7 Comentarios en “Plaza Elíptica (¡vuelve El Capitán Torrezno)

  1. Me lo estoy leyendo en pequeñas dosis, no por falta de ganas si no por falta de tiempo, y estoy disfrutando como nunca.

    Creo que el peor enemigo que tiene esta serie es el título: si lo ve alguien que busca una obra profunda se echará para atrás con ver la portada, pensando que se trata de una parodia tipo El Señor de los Panchitos. Y en cuanto al que busque la parodia y lo abra, se dará cuenta de que es algo mucho más denso que lo que él busca y lo dejará en la estantería de nuevo.

    Y el mejor amigo es el boca a boca, porque todo aquél que lo lea hablará maravillas.

  2. JesusC on 14 enero 2011 at 11:23 said:

    Pues a mi, esta entrega me ha dejado frio, tirando a helado… Tiene momentos puntuales muy buenos, si, pero son tan aislados que se pierden dentro de tanto vericueto narrativo y literario. Este Torrezno sigue en la linea del ultimo del primer ciclo (un primer ciclo impresionante, todo sea dicho).
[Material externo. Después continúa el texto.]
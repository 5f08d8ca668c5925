-- ===== src/Mqtt/Session/Progress.antt =====
-- mqtt_exporter.go: that a request leads to a login, and the context's end to the return of `Run`.
use go_ecoflow_exporter.Base.{
  ℕ, ◌+◌, ◌≤◌, ◌<◌, Bool, true, false, none, some, List, [], ◌∷◌, ◌≡◌, ◌≢◌, ◌⊎◌, inl, inr, refl,
  arith, Option-cases,
}
use go_ecoflow_exporter.Mqtt.Session.{
  Phase, logging_in, connecting, waiting, pausing, stopped, Session, Action, relogin_read,
  pause_over, cancel_seen, relogin_requested, context_cancelled, end_session, request_relogin, act,
  run_session,
}

module _ {C : Type 0} where
  -- Whether an action is one of `Run`'s goroutine.
  abbrev pub own : Action C → ℕ
  own relogin_requested = 0
  own context_cancelled = 0
  own a = 1

  abbrev pub own_actions : List (Action C) → ℕ
  own_actions [] = 0
  own_actions (a ∷ rest) = own a + own_actions rest

-- How many of its actions `Run` is from its return at most, once the context has ended.
abbrev pub to_return : Phase → ℕ
to_return stopped = 0
to_return waiting = 1
to_return connecting = 2
to_return logging_in = 3
to_return pausing = 4

-- How many of its actions `Run` is from a login at most, once there is a request or a session has ended.
abbrev pub to_login : Phase → ℕ
to_login stopped = 0
to_login logging_in = 1
to_login pausing = 2
to_login waiting = 3
to_login connecting = 4

-- No session is open.
abbrev pub is_between : Phase → Bool
is_between logging_in = true
is_between pausing = true
is_between phase = false

module _ {C : Type 0} where
  -- The first action of a run, and the rest.
  pub run_session_first :
      (a : Action C) (rest : List (Action C)) (s s' : Session C)
      → run_session (a ∷ rest) s ≡ some s'
      → (next : Session C) × (act a s ≡ some next) × (run_session rest next ≡ some s')
  unfolding run_session
  run_session_first a rest s s' e = elim (Option-cases (act a s)) [
    | inl none_left ↦ absurd (cc (rw (run_session, none_left) at e))
    | inr (next, went) ↦ (next, went, rw (run_session, went) at e)
  ]

  cancelled-act :
      (a : Action C) (s s' : Session C)
      → s.cancelled ≡ true
      → act a s ≡ some s'
      → (own a + to_return s'.phase ≤ to_return s.phase) × (s'.cancelled ≡ true)
  unfolding act end_session request_relogin
  cancelled-act a s s' h e = ground arith

  can_return :
      (s : Session C) → s.cancelled ≡ true → (s.phase ≡ stopped) ⊎ (act cancel_seen s ≢ none)
  unfolding act
  can_return s h = ground arith

  -- Once the context has ended, `Run` returns: its goroutine has at most four more actions, whatever the others do and
  -- whichever of its possible actions a select takes, and it can always take one until it has returned.
  pub run_session-stops :
      (actions : List (Action C)) (s s' : Session C)
      → s.cancelled ≡ true
      → run_session actions s ≡ some s'
      → (own_actions actions + to_return s'.phase ≤ to_return s.phase)
        × ((s'.phase ≡ stopped) ⊎ (act cancel_seen s' ≢ none))
  unfolding run_session
  run_session-stops [] s s' h e =
      let same : s ≡ s' = cc in rw (← same) (omega arith, can_return s h)
  run_session-stops (a ∷ rest) s s' h e =
      let (next, went, runs) = run_session_first a rest s s' e in
      let (fewer, still) = cancelled-act a s next h went in
      let (later, ends) = run_session-stops rest next s' still runs in
      (omega (arith, fewer, later), ends)

  -- A request is in the channel, or no session is open.
  abbrev Asked : Session C → Type 0
  Asked s = (s.pending ≡ true) ⊎ (is_between s.phase ≡ true)

  act-Asked :
      (a : Action C) (s s' : Session C)
      → s.cancelled ≡ false
      → a ≢ context_cancelled
      → s.phase ≢ stopped
      → Asked s
      → act a s ≡ some s'
      → (s.logins < s'.logins)
        ⊎ ((s'.logins ≡ s.logins)
            × (own a + to_login s'.phase ≤ to_login s.phase)
            × (s'.cancelled ≡ false)
            × (s'.phase ≢ stopped)
            × Asked s')
  unfolding act end_session request_relogin
  act-Asked a s s' h n p q e = ground arith

  can_login :
      (s : Session C)
      → s.phase ≢ stopped
      → Asked s
      → (act relogin_read s ≢ none) ⊎ (act pause_over s ≢ none) ⊎ (s.phase ≡ logging_in)
  unfolding act
  can_login s p q = ground arith

  -- The context ends at none of the actions.
  abbrev pub GoesOn : List (Action C) → Type 0
  GoesOn [] = Unit
  GoesOn (a ∷ rest) = (a ≢ context_cancelled) × GoesOn rest

  logins-grow : (a : Action C) (s s' : Session C) → act a s ≡ some s' → s.logins ≤ s'.logins
  unfolding act end_session request_relogin
  logins-grow a s s' e = ground arith

  run-logins-grow :
      (actions : List (Action C)) (s s' : Session C)
      → run_session actions s ≡ some s'
      → s.logins ≤ s'.logins
  unfolding run_session
  run-logins-grow [] s s' e = let same : s ≡ s' = cc in rw (← same) (omega arith)
  run-logins-grow (a ∷ rest) s s' e =
      let (next, went, runs) = run_session_first a rest s s' e in
      omega (arith, logins-grow a s next went, run-logins-grow rest next s' runs)

  run_session-Asked :
      (actions : List (Action C)) (s s' : Session C)
      → s.cancelled ≡ false
      → s.phase ≢ stopped
      → Asked s
      → GoesOn actions
      → run_session actions s ≡ some s'
      → (s.logins < s'.logins)
        ⊎ ((own_actions actions + to_login s'.phase ≤ to_login s.phase)
            × ((act relogin_read s' ≢ none) ⊎ (act pause_over s' ≢ none) ⊎ (s'.phase ≡ logging_in)))
  unfolding run_session
  run_session-Asked [] s s' h p q goes e =
      let same : s ≡ s' = cc in rw (← same) (inr (omega arith, can_login s p q))
  run_session-Asked (a ∷ rest) s s' h p q (not_end, goes) e =
      let (next, went, runs) = run_session_first a rest s s' e in
      elim (act-Asked a s next h not_end p q went) [
        | inl new ↦ inl (omega (arith, new, run-logins-grow rest next s' runs))
        | inr (same, fewer, h', p', q') ↦ elim (run_session-Asked rest next s' h' p' q' goes runs) [
          | inl new ↦ inl (omega (arith, same, new))
          | inr (later, can) ↦ inr (omega (arith, fewer, later), can)
        ]
      ]

  -- A request for a login, made at any time before the context's end and whatever happens then, is not lost: `Run` logs in
  -- again after at most four of its actions, and until then it is never stuck: it can read the request, or go on
  -- from the pause between two sessions, or is at the login, whose attempts have no limit.
  pub run_session-logs_in :
      (actions : List (Action C)) (s s' : Session C)
      → s.cancelled ≡ false
      → s.phase ≢ stopped
      → GoesOn actions
      → run_session actions (request_relogin s) ≡ some s'
      → (s.logins < s'.logins)
        ⊎ ((own_actions actions + to_login s'.phase ≤ to_login s.phase)
            × ((act relogin_read s' ≢ none) ⊎ (act pause_over s' ≢ none) ⊎ (s'.phase ≡ logging_in)))
  unfolding request_relogin
  run_session-logs_in actions s s' h p goes e =
      run_session-Asked actions (request_relogin s) s' h p (inl refl) goes e
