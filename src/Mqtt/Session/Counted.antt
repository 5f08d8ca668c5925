-- ===== src/Mqtt/Session/Counted.antt =====
-- mqtt_exporter.go: what the telemetry and `Health` say of the sessions.
use go_ecoflow_exporter.Base.{
  ℕ, ◌+◌, ◌≤◌, Text, Bool, Option, none, some, List, [], ◌∷◌, ◌≡◌, ◌≢◌, ◌↔◌, arith,
}
use go_ecoflow_exporter.Telemetry.{Telemetry, new_telemetry, set_mqtt_connected, mqtt_relogin}
use go_ecoflow_exporter.Mqtt.Session.{
  Phase, logging_in, connecting, waiting, pausing, stopped, Session, Action, new_session,
  end_session, request_relogin, act, run_session, health,
}
use go_ecoflow_exporter.Mqtt.Session.Progress.{run_session_first}

abbrev pub relogins : Option Telemetry → ℕ
relogins none = 0
relogins (some t) = t.mqtt_relogins

-- What the logins have, by phase, over the relogins that were counted.
abbrev pub Counts : Phase → ℕ → ℕ → Type 0
Counts logging_in counted logins = logins ≡ counted
Counts pausing counted logins = logins ≡ counted
Counts connecting counted logins = logins ≡ counted + 1
Counts waiting counted logins = logins ≡ counted + 1
Counts stopped counted logins = (counted ≤ logins) × (logins ≤ counted + 1)

module _ {C : Type 0} where
  abbrev IsCounted : Session C → Type 0
  IsCounted s =
      (s.telemetry ≢ none)
      × Counts s.phase (relogins s.telemetry) s.logins
      × ((s.logins ≡ 0) ↔ (s.client ≡ none))

  act-IsCounted : (a : Action C) (s s' : Session C) → IsCounted s → act a s ≡ some s' → IsCounted s'
  unfolding act end_session request_relogin set_mqtt_connected mqtt_relogin
  act-IsCounted a s s' h e = ground arith

  run_from :
      (actions : List (Action C)) (s s' : Session C)
      → IsCounted s
      → run_session actions s ≡ some s'
      → IsCounted s'
  unfolding run_session
  run_from [] s s' h e = let same : s ≡ s' = cc in rw (IsCounted, ← same) h
  run_from (a ∷ rest) s s' h e =
      let (next, went, runs) = run_session_first a rest s s' e in
      run_from rest next s' (act-IsCounted a s next h went) runs

  new-IsCounted : (version : Text) → IsCounted (new_session (some (new_telemetry version)))
  unfolding new_session new_telemetry
  new-IsCounted version = ground arith

  no_client : (s : Session C) (is_open : C → Bool) → s.client ≡ none → health s is_open ≢ none
  unfolding health
  no_client s is_open e = ground arith

  -- After any actions from the start: between two sessions as many relogins are counted as logins were made, while a
  -- session is open one fewer, and after the return of `Run` so many or one fewer; and the health check fails as long
  -- as there was no login.
  pub run_session-counted :
      (actions : List (Action C)) (version : Text) (s : Session C) (is_open : C → Bool)
      → run_session actions (new_session (some (new_telemetry version))) ≡ some s
      → Counts s.phase (relogins s.telemetry) s.logins × (s.logins ≡ 0 → health s is_open ≢ none)
  run_session-counted actions version s is_open e =
      let (told, counts, client) = run_from actions _ s (new-IsCounted version) e in
      (counts, λ none_yet. no_client s is_open (client.0 none_yet))
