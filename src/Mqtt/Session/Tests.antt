-- ===== src/Mqtt/Session/Tests.antt =====
-- The theorems on sessions at concrete actions.
use go_ecoflow_exporter.Base.{
  ℕ, ◌+◌, ◌≤◌, ◌<◌, codes, true, false, none, some, List, [], ◌∷◌, ◌≡◌, ◌≢◌, ◌⊎◌, refl,
}
use go_ecoflow_exporter.Telemetry.{new_telemetry, set_mqtt_connected, mqtt_relogin}
use go_ecoflow_exporter.Mqtt.Session.{
  logging_in, waiting, stopped, Session, Action, logged_in, token_done, relogin_read, pause_over,
  cancel_seen, relogin_requested, new_session, end_session, request_relogin, act, run_session,
  health,
}
use go_ecoflow_exporter.Mqtt.Session.Progress.{
  own_actions, to_return, to_login, run_session-stops, run_session-logs_in,
}
use go_ecoflow_exporter.Mqtt.Session.Counted.{Counts, relogins, run_session-counted}

-- Clients are numbers. A session that is connected.
abbrev connected_session : Session ℕ
connected_session = record {
  phase = waiting;
  pending = false;
  cancelled = false;
  client = some 1;
  logins = 1;
  telemetry = some (new_telemetry (codes "dev"));
}

abbrev relogin_actions : List (Action ℕ)
relogin_actions = relogin_read ∷ pause_over ∷ []

abbrev before_login : Session ℕ
before_login = record {
  phase = logging_in;
  pending = false;
  cancelled = false;
  client = some 1;
  logins = 1;
  telemetry = mqtt_relogin (set_mqtt_connected false (some (new_telemetry (codes "dev"))));
}

reads_request : run_session relogin_actions (request_relogin connected_session) ≡ some before_login
unfolding run_session act request_relogin end_session
reads_request = refl

run_session-logs_in_example :
    (connected_session.logins < before_login.logins)
    ⊎ ((own_actions relogin_actions + to_login before_login.phase
          ≤ to_login connected_session.phase)
        × ((act relogin_read before_login ≢ none)
            ⊎ (act pause_over before_login ≢ none)
            ⊎ (before_login.phase ≡ logging_in)))
run_session-logs_in_example =
    run_session-logs_in relogin_actions connected_session before_login refl (λ e. absurd (cc))
      ((λ e. absurd (cc)), ((λ e. absurd (cc)), tt)) reads_request

abbrev cancelled_session : Session ℕ
cancelled_session = record connected_session { cancelled = true }

abbrev stopped_session : Session ℕ
stopped_session = record cancelled_session {
  phase = stopped;
  telemetry = set_mqtt_connected false (some (new_telemetry (codes "dev")));
}

stops :
    run_session (relogin_requested ∷ cancel_seen ∷ []) cancelled_session
    ≡ some (request_relogin stopped_session)
unfolding run_session act request_relogin end_session
stops = refl

run_session-stops_example :
    (own_actions {C = ℕ} (relogin_requested ∷ cancel_seen ∷ [])
        + to_return (request_relogin stopped_session).phase
      ≤ to_return cancelled_session.phase)
    × (((request_relogin stopped_session).phase ≡ stopped)
        ⊎ (act cancel_seen (request_relogin stopped_session) ≢ none))
run_session-stops_example =
    run_session-stops (relogin_requested ∷ cancel_seen ∷ []) cancelled_session
      (request_relogin stopped_session) refl stops

abbrev first_session : Session ℕ
first_session = record {
  phase = waiting;
  pending = false;
  cancelled = false;
  client = some 7;
  logins = 1;
  telemetry = some (new_telemetry (codes "dev"));
}

connects :
    run_session
      (logged_in 7 ∷ token_done none ∷ [])
      (new_session (some (new_telemetry (codes "dev"))))
    ≡ some first_session
unfolding run_session act new_session
connects = refl

run_session-counted_example :
    Counts first_session.phase (relogins first_session.telemetry) first_session.logins
    × (first_session.logins ≡ 0 → health first_session (λ c. true) ≢ none)
run_session-counted_example =
    run_session-counted (logged_in 7 ∷ token_done none ∷ []) (codes "dev") first_session (λ c. true)
      connects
    Espero que con el siguiente numero la cosa se enderece.

    Saludos

  3. Mocito Feliz on 15 enero 2011 at 2:20 said:

    "el estilo de Valenzuela es de los que obliga a leer en cómodo sofá, con las pantuflas, bebida, algo de picar, mente despejada, tranquilidad y muchas horas por delante"

    pero cómo lo haces al pasar las páginas…cómo consigues leer un cómic y picar algo a la vez sin que en alguna momento manches de aceite o grasa alguna página del libro…

    Va en serio: siempre he querido hacerlo pero la comida de "pica-pica" acostumbra a caracterizarse por tener un alto contenido en grasas y aceites…¿cómo lo hacéis para pasar las páginas sin manchar el papel?

  4. Dreebo on 15 enero 2011 at 2:27 said:

    A mí me gustó mucho, más aún que el tomo anterior. Yo no tenía claro que la serie fuese a continuar después de tanto tiempo, y me alegra ver que Torrezno está más en forma que nunca (es un decir). La única pega que le pongo es que el episodio acaba sin responder ni una sola pregunta, y añadiendo algunos enigmas más… la dos dobles páginas con las que se despide el tomo van a cabrear a más de uno ;)

  5. Kiros on 15 enero 2011 at 14:40 said:

    A mi esas dos dobles páginas no me cabrearon. Al revés, me hicieron salivar. Una gran noticia que en dos meses tengamos nueva ración.

  6. Quique on 16 enero 2011 at 0:50 said:

    Mocito feliz, yo en mi caso leo comiendo pipas o otros frutos secos (cacahuetes, pistachos, etc. ), con lo que el peligro es nulo.

  7. McClure on 21 enero 2011 at 1:18 said:

    No puedo con Torrezno. Muy de vez en cuando me da un respiro, pero mayoritariamente es como si me echaran encima un volquete de palabras, con toques chuscos, que me asfixia.